>>>

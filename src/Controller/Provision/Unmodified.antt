-- ===== src/Controller/Provision/Unmodified.antt =====
-- handleProvisionClaim: what the object bucket must be before the provisioner is called.
use lib_bucket_provisioner.Base.{
  Text, ◌==◌, true, Option, none, some, ◌≡◌, refl, sym, inl, inr, not, arith,
}
use lib_bucket_provisioner.V1alpha1.{
  ObjectBucketClaim, ObjectBucketClaimSpec, ObjectBucket, StorageClass,
}
use lib_bucket_provisioner.Cluster.Error.{Error, Reply, done, failed, is_not_found}
use lib_bucket_provisioner.Cluster.Event.{
  Event, Trace, claim_updated, bucket_got, provisioned, granted,
}
use lib_bucket_provisioner.Cluster.Env.{Env}
use lib_bucket_provisioner.Cluster.Monad.{World}
use lib_bucket_provisioner.Cluster.Emits.{Emits-bind}
use lib_bucket_provisioner.Cluster.Triple.{
  Triple, Triple-bind, Triple-call, Triple-attempt-call, Triple-map_error, Triple-lift, Triple-if,
  Triple-deref, Triple-pure, Triple-raise, Triple-weaken,
}
use lib_bucket_provisioner.Cluster.Ordered.{
  Any, Any-map, Lasting, Any-Lasting, ×-Lasting, Safe, Kept, Ordered, Triple-Kept,
}
use lib_bucket_provisioner.Helpers.Names.{object_bucket_name_from_claim_key}
use lib_bucket_provisioner.Handlers.Update.{
  store_claim, found_bucket, get_ob_from_key, err_if_obc_config_has_been_modified,
}
use lib_bucket_provisioner.Controller.Emits as emits
use lib_bucket_provisioner.Controller.Resources.{Controller}
use lib_bucket_provisioner.Controller.Provision.{set_obc_meta_fields, handle_provision_claim}
use lib_bucket_provisioner.Controller.Provision.Complete.{Matching, NoneOrMatching}
use lib_bucket_provisioner.Controller.Provision.Complete.Whole.{
  followed_connection, followed_endpoint,
}

-- The claim is what the API server answered to an update.
abbrev pub Answered : ObjectBucketClaim → Event → Type 0
Answered obc (claim_updated sent (done got)) = got ≡ obc
Answered obc _ = ⊥

-- What getObFromKey makes of an answer.
abbrev FoundIn : Option ObjectBucket → Reply ObjectBucket → Type 0
FoundIn (some ob) (done got) = got ≡ ob
FoundIn none (failed e) = is_not_found e ≡ true
FoundIn _ _ = ⊥

FoundIn-done : (ob : ObjectBucket) (r : Reply ObjectBucket) → r ≡ done ob → FoundIn (some ob) r
FoundIn-done ob r e = rw (e) refl

FoundIn-missing :
    (e : Error) → is_not_found e ≡ true → (r : Reply ObjectBucket) → r ≡ failed e → FoundIn none r
FoundIn-missing e h r eq = rw (eq) h

FoundIn-none :
    (claim : ObjectBucketClaimSpec) (r : Reply ObjectBucket)
    → FoundIn none r
    → NoneOrMatching claim r
FoundIn-none claim (done ob) h = absurd h
FoundIn-none claim (failed e) h = h

FoundIn-some :
    (claim : ObjectBucketClaimSpec) (ob : ObjectBucket)
    → Matching claim ob
    → (r : Reply ObjectBucket) → FoundIn (some ob) r
    → NoneOrMatching claim r
FoundIn-some claim ob m (done got) h = rw h m
FoundIn-some claim ob m (failed e) h = absurd h

module _ (E : Env) (key : Text) where
  -- The object bucket of the key was read, with such an answer.
  abbrev pub BucketRead : (Reply ObjectBucket → Type 0) → Event → Type 0
  BucketRead P (bucket_got name r) = (object_bucket_name_from_claim_key E key ≡ done name) × P r
  BucketRead P _ = ⊥

  -- A claim was stored, and the object bucket of the key was read: there was none, or it has the bucket
  -- name and the storage class of that claim.
  abbrev pub Unmodified : ObjectBucketClaim → Trace → Type 0
  Unmodified obc t = Any (Answered obc) t × Any (BucketRead (NoneOrMatching obc.spec)) t

  -- Provision and Grant want an object bucket that is not modified.
  abbrev pub UnmodifiedGuard : Event → Trace → Type 0
  UnmodifiedGuard (provisioned o r) t = (obc : ObjectBucketClaim) × Unmodified obc t
  UnmodifiedGuard (granted o r) t = (obc : ObjectBucketClaim) × Unmodified obc t
  UnmodifiedGuard _ t = Unit {0}

  Unmodified-Lasting : (obc : ObjectBucketClaim) → Lasting (Unmodified obc)
  Unmodified-Lasting obc = ×-Lasting (Any-Lasting (Answered obc)) (Any-Lasting (BucketRead _))

  BucketRead-map :
      {P Q : Reply ObjectBucket → Type 0}
      → ((r : Reply ObjectBucket) → P r → Q r)
      → (e : Event) → BucketRead P e
      → BucketRead Q e
  BucketRead-map f (bucket_got name r) h = (h.0, f r h.1)
  BucketRead-map f _ h = h

  abbrev ReadAs : ObjectBucketClaim → Option ObjectBucket → World E → Type 0
  ReadAs obc ob w =
      Safe UnmodifiedGuard w.trace
      × (Any (Answered obc) w.trace × Any (BucketRead (FoundIn ob)) w.trace)

  set_obc_meta_fields-Answered :
      (c : Controller) (obc : ObjectBucketClaim)
      → Triple {E = E}
          (Ordered UnmodifiedGuard tt)
          (set_obc_meta_fields c obc)
          (λ marked. Kept UnmodifiedGuard (Any (Answered marked)))
          (Ordered UnmodifiedGuard)
  unfolding set_obc_meta_fields store_claim
  set_obc_meta_fields-Answered c obc = Triple-map_error _ (
      Triple-map_error _
        (Triple-call _ _ (λ w a s p e. ((tt, p), inl refl)) (λ w a s p e. (tt, p))))

  module _ (obc : ObjectBucketClaim) where
    found_bucket-ReadAs :
        (r : Reply ObjectBucket)
        → Triple {E = E}
            (λ w.
              Safe UnmodifiedGuard w.trace
              × (Any (Answered obc) w.trace × Any (BucketRead (λ r'. r' ≡ r)) w.trace))
            (found_bucket r)
            (ReadAs obc)
            (Ordered UnmodifiedGuard)
    unfolding found_bucket
    found_bucket-ReadAs (done ob) =
        Triple-pure _
          (λ w k. (k.0, (k.1.0, Any-map w.trace (λ e. BucketRead-map (FoundIn-done ob) e) k.1.1)))
    found_bucket-ReadAs (failed e) =
        Triple-if (is_not_found e)
          (λ h. Triple-pure _ (λ w k.
            (k.0, (k.1.0, Any-map w.trace (λ ev. BucketRead-map (FoundIn-missing e h) ev) k.1.1))))
          (λ _. Triple-raise _ (λ w k. k.0))

    get_ob_from_key-ReadAs :
        Triple {E = E}
          (Kept UnmodifiedGuard (Any (Answered obc)))
          (get_ob_from_key key)
          (ReadAs obc)
          (Ordered UnmodifiedGuard)
    unfolding get_ob_from_key
    get_ob_from_key-ReadAs =
        Triple-bind
          {Q' = λ name w.
            (object_bucket_name_from_claim_key E key ≡ done name)
            × Kept UnmodifiedGuard (Any (Answered obc)) w}
          (Triple-map_error _ (
            Triple-lift (object_bucket_name_from_claim_key E key) (λ a w e k. (e, k)) (λ w k. k.0)))
          λ name.
            Triple-bind
              (Triple-attempt-call _ (bucket_got name)
                (λ w r s k e. ((tt, k.1.0), (inr k.1.1, inl (k.0, refl)))))
              found_bucket-ReadAs

    matched :
        (ob : ObjectBucket) (w : World E)
        → Matching obc.spec ob
        → ReadAs obc (some ob) w
        → Kept UnmodifiedGuard (Unmodified obc) w
    matched ob w m k =
        (k.0, (k.1.0, Any-map w.trace (λ e. BucketRead-map (FoundIn-some obc.spec ob m) e) k.1.1))

    err_if_modified-Unmodified :
        (ob : Option ObjectBucket)
        → Triple {E = E}
            (ReadAs obc ob)
            (err_if_obc_config_has_been_modified ob obc)
            (λ _. Kept UnmodifiedGuard (Unmodified obc))
            (Ordered UnmodifiedGuard)
    unfolding err_if_obc_config_has_been_modified
    err_if_modified-Unmodified none = Triple-pure _ (λ w k.
        (k.0, (k.1.0, Any-map w.trace (λ e. BucketRead-map (FoundIn-none obc.spec) e) k.1.1)))
    err_if_modified-Unmodified (some ob) =
        Triple-bind {Q' = λ c w. (ob.spec.connection ≡ some c) × ReadAs obc (some ob) w}
          (Triple-deref ob.spec.connection (λ c w e k. (e, k)) (λ w e k. k.0))
          λ c.
            Triple-bind
              {Q' = λ ep w.
                (ob.spec.connection ≡ some c) × (c.endpoint ≡ some ep) × ReadAs obc (some ob) w}
              (Triple-deref c.endpoint (λ ep w e k. (k.0, e, k.1)) (λ w e k. k.1.0))
              λ ep.
                Triple-if (not (obc.spec.bucket_name == ep.bucket_name))
                  (λ _. Triple-raise _ (λ w k. k.2.0))
                  (λ same_name.
                    Triple-if (not (obc.spec.storage_class_name == ob.spec.storage_class_name))
                      (λ _. Triple-raise _ (λ w k. k.2.0))
                      (λ same_class. Triple-pure _ (λ w k.
                        matched ob w
                          (
                            followed_connection obc.spec.bucket_name (some c) _ (sym k.0) (
                                followed_endpoint obc.spec.bucket_name (some ep) _ (sym k.1)
                                  (ground (arith, same_name))),
                            ground (arith, same_class),
                          )
                          k.2)))

module _ (E : Env) (key : Text) (c : Controller) (given : ObjectBucketClaim)
    (class : StorageClass) where
  pub handle_provision_claim-Unmodified :
      Triple {E = E}
        (Ordered (UnmodifiedGuard E key) tt)
        (handle_provision_claim c key given class)
        (λ _. Ordered (UnmodifiedGuard E key) tt)
        (Ordered (UnmodifiedGuard E key))
  unfolding handle_provision_claim
  handle_provision_claim-Unmodified =
      Triple-bind (set_obc_meta_fields-Answered E key c given) λ marked.
        Triple-bind (Triple-map_error _ (get_ob_from_key-ReadAs E key marked)) λ ob.
          Triple-bind (err_if_modified-Unmodified E key marked ob) λ _.
            Triple-weaken
              (Triple-Kept (UnmodifiedGuard E key) (Unmodified-Lasting E key marked) (
                Emits-bind (emits.choose_bucket_name-Emits _ (λ id t k. tt) class marked) λ name.
                  Emits-bind (emits.store_bucket_name-Emits _ (λ o r t k. tt) marked name) λ obc.
                    Emits-bind
                      (emits.run_provisioner-Emits _ (λ o b r t k. tt) (λ o r t k. (marked, k))
                        (λ o r t k. (marked, k)) obc ob class name)
                      λ provided.
                        Emits-bind
                          (emits.save_connection-Emits _ (λ s r t k. tt) (λ s r t k. tt)
                            (λ s r t k. tt) (λ s r t k. tt) c obc provided)
                          λ _.
                            Emits-bind
                              (emits.save_bucket-Emits _ (λ n m r t k. tt) (λ n r t k. tt)
                                (λ b r t k. tt) (λ b r t k. tt) (λ b r t k. tt) c key obc class
                                provided)
                              λ saved.
                                emits.bind_claim-Emits _ (λ o r t k. tt) (λ o r t k. tt) obc saved
                                  name))
              (λ w k. k) (λ a w k. k.0) (λ x w k. k)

<<<

- _Task item_: With the line holding "(emits.run_provisioner-Emits _ (λ" as the first and the line holding "(emits.save_bucket-Emits _ (λ" as the last, set down that range of the entries above exactly, and nothing else.

- _Exercise solution_:
                      (emits.run_provisioner-Emits _ (λ o b r t k. tt) (λ o r t k. (marked, k))
                        (λ o r t k. (marked, k)) obc ob class name)
                      λ provided.
                        Emits-bind
                          (emits.save_connection-Emits _ (λ s r t k. tt) (λ s r t k. tt)
                            (λ s r t k. tt) (λ s r t k. tt) c obc provided)
                          λ _.
                            Emits-bind
                              (emits.save_bucket-Emits _ (λ n m r t k. tt) (λ n r t k. tt)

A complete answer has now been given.